◆ Instructions for the task:
From the entries below, please output exactly the lines starting at the one containing "subscribes first_of []" and ending at the one containing "abbrev busy : Manager", both included.

==== Data provided

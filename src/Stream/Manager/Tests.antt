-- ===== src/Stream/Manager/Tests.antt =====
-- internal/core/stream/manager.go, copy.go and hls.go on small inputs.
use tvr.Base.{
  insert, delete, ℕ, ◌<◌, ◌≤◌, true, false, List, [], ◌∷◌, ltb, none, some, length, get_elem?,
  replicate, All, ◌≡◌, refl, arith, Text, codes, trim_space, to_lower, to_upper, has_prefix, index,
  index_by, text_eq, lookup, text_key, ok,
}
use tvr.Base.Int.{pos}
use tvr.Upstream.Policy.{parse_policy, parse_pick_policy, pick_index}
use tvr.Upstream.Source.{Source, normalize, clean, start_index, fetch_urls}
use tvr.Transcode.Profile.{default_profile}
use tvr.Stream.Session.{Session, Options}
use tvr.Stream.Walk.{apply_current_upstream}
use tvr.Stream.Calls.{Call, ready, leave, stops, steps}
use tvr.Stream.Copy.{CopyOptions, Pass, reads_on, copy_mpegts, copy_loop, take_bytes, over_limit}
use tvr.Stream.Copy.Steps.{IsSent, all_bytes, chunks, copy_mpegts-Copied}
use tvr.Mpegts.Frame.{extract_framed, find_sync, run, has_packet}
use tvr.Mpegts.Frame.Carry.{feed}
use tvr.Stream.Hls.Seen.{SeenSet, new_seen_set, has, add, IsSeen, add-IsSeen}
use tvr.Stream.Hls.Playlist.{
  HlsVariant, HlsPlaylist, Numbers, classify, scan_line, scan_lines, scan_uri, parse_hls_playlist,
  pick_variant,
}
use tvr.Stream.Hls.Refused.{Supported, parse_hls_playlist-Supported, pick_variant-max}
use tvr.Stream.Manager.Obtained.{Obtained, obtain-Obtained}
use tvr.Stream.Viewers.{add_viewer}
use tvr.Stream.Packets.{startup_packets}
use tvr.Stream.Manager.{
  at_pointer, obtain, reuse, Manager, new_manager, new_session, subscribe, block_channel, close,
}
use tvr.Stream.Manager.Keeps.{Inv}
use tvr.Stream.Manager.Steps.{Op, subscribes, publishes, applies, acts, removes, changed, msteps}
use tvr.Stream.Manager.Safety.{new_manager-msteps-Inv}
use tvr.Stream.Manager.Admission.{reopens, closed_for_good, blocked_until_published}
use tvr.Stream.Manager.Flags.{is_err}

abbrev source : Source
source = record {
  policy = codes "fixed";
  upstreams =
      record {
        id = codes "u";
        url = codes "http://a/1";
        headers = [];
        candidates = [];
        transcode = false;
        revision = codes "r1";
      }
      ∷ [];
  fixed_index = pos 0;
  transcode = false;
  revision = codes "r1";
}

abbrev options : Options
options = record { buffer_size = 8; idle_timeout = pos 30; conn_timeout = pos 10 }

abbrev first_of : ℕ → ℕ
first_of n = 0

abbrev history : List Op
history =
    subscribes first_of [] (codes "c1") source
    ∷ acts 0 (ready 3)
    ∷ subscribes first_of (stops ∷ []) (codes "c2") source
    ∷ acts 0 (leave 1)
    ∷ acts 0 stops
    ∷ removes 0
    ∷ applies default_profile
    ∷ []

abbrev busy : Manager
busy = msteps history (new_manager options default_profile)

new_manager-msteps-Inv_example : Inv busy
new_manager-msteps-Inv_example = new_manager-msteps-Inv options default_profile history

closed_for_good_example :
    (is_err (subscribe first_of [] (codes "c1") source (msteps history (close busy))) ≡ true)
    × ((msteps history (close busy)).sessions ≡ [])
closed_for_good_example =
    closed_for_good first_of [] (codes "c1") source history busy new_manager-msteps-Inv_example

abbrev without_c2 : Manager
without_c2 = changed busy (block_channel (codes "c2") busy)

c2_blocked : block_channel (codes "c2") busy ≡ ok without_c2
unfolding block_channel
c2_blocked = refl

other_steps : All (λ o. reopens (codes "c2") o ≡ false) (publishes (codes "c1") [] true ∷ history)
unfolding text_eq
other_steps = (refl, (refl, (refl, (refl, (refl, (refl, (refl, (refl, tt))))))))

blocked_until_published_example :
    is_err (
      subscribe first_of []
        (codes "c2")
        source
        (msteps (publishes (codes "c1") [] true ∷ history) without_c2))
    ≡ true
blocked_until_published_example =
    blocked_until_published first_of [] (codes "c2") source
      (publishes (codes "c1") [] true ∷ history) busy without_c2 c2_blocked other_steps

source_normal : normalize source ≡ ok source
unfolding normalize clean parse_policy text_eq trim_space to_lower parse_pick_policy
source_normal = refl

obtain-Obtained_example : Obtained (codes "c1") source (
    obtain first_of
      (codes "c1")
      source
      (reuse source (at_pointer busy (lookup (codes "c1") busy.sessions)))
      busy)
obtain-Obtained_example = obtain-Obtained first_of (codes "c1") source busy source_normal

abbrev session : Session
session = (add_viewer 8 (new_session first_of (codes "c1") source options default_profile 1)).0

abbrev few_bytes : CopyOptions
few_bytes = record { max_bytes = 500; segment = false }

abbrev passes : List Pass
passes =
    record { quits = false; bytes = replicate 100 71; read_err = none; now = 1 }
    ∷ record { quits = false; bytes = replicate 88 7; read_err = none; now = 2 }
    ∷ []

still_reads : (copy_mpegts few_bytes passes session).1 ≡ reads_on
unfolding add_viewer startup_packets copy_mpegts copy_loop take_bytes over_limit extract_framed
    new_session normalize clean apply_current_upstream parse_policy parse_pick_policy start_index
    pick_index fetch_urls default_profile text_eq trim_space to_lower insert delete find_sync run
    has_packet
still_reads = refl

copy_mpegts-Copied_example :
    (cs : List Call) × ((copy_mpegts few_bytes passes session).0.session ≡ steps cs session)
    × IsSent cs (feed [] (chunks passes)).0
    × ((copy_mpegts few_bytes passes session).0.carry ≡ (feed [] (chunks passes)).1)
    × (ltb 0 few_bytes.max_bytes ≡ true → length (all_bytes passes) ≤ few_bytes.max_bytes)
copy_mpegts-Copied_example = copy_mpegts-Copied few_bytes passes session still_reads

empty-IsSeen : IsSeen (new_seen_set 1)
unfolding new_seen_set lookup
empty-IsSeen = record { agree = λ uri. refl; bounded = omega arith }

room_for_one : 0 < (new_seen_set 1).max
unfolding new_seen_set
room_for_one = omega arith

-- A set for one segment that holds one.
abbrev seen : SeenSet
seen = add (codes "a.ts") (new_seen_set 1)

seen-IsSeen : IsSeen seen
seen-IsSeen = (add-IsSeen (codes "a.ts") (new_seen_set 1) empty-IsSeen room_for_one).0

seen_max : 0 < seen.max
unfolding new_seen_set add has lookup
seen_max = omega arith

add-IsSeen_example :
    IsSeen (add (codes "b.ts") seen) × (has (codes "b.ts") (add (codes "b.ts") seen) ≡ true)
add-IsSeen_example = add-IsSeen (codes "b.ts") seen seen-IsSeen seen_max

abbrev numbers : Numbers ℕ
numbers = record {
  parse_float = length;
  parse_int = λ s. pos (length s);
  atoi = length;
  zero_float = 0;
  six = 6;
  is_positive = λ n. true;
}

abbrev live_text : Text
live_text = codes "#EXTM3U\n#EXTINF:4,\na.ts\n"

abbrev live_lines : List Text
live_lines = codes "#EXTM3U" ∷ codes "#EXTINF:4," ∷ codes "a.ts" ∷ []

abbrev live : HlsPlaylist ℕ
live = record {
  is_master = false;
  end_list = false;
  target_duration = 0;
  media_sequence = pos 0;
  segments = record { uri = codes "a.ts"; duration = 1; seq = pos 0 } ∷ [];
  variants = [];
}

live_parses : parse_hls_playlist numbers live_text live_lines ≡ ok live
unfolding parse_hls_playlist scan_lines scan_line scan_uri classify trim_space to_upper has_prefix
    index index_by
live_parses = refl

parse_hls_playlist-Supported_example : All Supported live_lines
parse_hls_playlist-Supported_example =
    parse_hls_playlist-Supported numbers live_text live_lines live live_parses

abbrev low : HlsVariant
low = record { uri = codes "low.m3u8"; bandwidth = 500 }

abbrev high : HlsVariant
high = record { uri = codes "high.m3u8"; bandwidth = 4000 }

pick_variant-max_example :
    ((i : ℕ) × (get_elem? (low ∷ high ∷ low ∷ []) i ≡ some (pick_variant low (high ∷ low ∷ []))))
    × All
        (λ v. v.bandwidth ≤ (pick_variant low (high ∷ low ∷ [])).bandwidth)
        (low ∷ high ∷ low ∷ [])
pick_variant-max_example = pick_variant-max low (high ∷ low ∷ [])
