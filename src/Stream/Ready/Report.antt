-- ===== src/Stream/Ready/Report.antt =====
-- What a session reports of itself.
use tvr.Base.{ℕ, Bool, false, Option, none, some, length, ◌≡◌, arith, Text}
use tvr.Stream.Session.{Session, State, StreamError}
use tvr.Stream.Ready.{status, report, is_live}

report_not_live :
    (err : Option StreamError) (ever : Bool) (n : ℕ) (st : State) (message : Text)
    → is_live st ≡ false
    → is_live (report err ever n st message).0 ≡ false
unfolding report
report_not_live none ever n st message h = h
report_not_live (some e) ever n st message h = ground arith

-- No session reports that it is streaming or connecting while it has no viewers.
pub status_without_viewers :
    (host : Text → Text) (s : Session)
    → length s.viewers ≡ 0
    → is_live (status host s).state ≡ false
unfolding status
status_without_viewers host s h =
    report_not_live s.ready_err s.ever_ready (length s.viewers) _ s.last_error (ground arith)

========

◆ Answer area:
    subscribes first_of [] (codes "c1") source
    ∷ acts 0 (ready 3)
    ∷ subscribes first_of (stops ∷ []) (codes "c2") source
    ∷ acts 0 (leave 1)
    ∷ acts 0 stops
    ∷ removes 0
    ∷ applies default_profile
    ∷ []

abbrev busy : Manager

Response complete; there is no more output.